TASK GOAL »
Count the lines in the data below that have "none" in them, and reply with only that number.

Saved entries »
Segment Open

-- ===== src/Cli/Commands.antt =====
-- src/mergemate/cli.py: the commands that search, check the configuration, and call a tool. The two search
-- engines, the digest of a session's name and the environment are parameters.
use merge_mate.Base.{
  ℕ, String, Bool, true, false, ◌||◌, Option, none, some, [], ◌∷◌, ◌⊎◌, inl, inr, if◌then◌else◌,
  str_eq, text_append,
}
use merge_mate.Domain.Runs.{ChatId}
use merge_mate.World.{value_error}
use merge_mate.Config.Webhook.{
  TelegramConfig, Environment, resolve_telegram_token, resolve_telegram_webhook_url,
  resolve_telegram_webhook_secret_token,
}
use merge_mate.Persistence.Search.{Engine, search}
use merge_mate.Persistence.MessageSearch.{MessageEngine, search_messages}
use merge_mate.Tooling.Processes.{ToolReply}
use merge_mate.Tooling.Registry.{Context}
use merge_mate.Cli.Shell.{failed_with, Command, pure, exit, echo, echo_to, ◌>>◌}
use merge_mate.Cli.Sessions.{resolve_session_chat_id}
use merge_mate.Cli.Searches.{
  Printer, print_search_results, print_message_search_results, print_combined_search_results,
}

module _ (p : Printer) (digest : String → ℕ) (e : Engine) (m : MessageEngine) where
  -- The chat of a session, if one is named.
  abbrev pub session_chat : Option String → Option ChatId
  session_chat none = none
  session_chat (some name) = some (resolve_session_chat_id digest 0 (some name))

  -- `search_runs`, `search_conversations` and `search`
  unfoldable pub search_runs : String → ℕ → Option String → Command (Unit {0})
  search_runs query limit session s =
      print_search_results p (search e query limit (session_chat session) s.world.runs) s

  unfoldable pub search_conversations : String → ℕ → Option String → Command (Unit {0})
  search_conversations query limit session s =
      print_message_search_results p
        (search_messages m query limit (session_chat session) s.world.messages) s

  unfoldable pub search_all : String → ℕ → Option String → Command (Unit {0})
  search_all query limit session s =
      print_combined_search_results p limit
        (search e query limit (session_chat session) s.world.runs)
        (search_messages m query limit (session_chat session) s.world.messages) s

-- What `install_package`, `platform_auth` and `repo_context` print of a tool's reply.
abbrev pub or_fail : Bool → String → Command (Unit {0})
or_fail true text = echo text
or_fail false text = echo_to true text >> exit 1

unfoldable pub report_install : ToolReply → Command (Unit {0})
report_install r = or_fail (str_eq r.status "installed" || str_eq r.status "blocked") r.detail

unfoldable pub report_platform_auth : ToolReply → Command (Unit {0})
report_platform_auth r = or_fail (str_eq r.status "ok") r.detail

unfoldable pub report_context : Context → Command (Unit {0})
report_context [] = pure tt
report_context ((name, r) ∷ rest) =
    echo (text_append "[" (text_append name (text_append "] " r.status)))
    >> echo r.detail
    >> report_context rest

-- A step of the check of the configuration: its value, or its ValueError.
abbrev pub or_raise {ℓ} : {A : Type ℓ} → A ⊎ String → Option String
or_raise (inl a) = none
or_raise (inr text) = some text

abbrev pub first_fault : Option String → Option String → Option String
first_fault (some text) next = some text
first_fault none next = next

-- `validate_config`, for a configuration that was loaded: the key of the provider and the names of the
-- providers are read and not checked.
unfoldable pub config_fault : Environment → TelegramConfig → Option String
config_fault env t = first_fault (or_raise (resolve_telegram_token env t)) (
    if t.webhook_mode
    then first_fault (or_raise (resolve_telegram_webhook_url env t))
        (or_raise (resolve_telegram_webhook_secret_token env t))
    else none)

abbrev pub report_config : Option String → String → String → Command (Unit {0})
report_config (some text) path database s =
    (failed_with (record { kind = value_error; text = text }), s)
report_config none path database s =
    (echo (text_append "Configuration is valid: " path)
        >> echo (text_append "Resolved database path: " database))
      s

unfoldable pub validate_config : Environment → TelegramConfig → String → String → Command (Unit {0})
unfolding config_fault
validate_config env t path database = report_config (config_fault env t) path database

Segment Closed

RESPONSE AREA »
6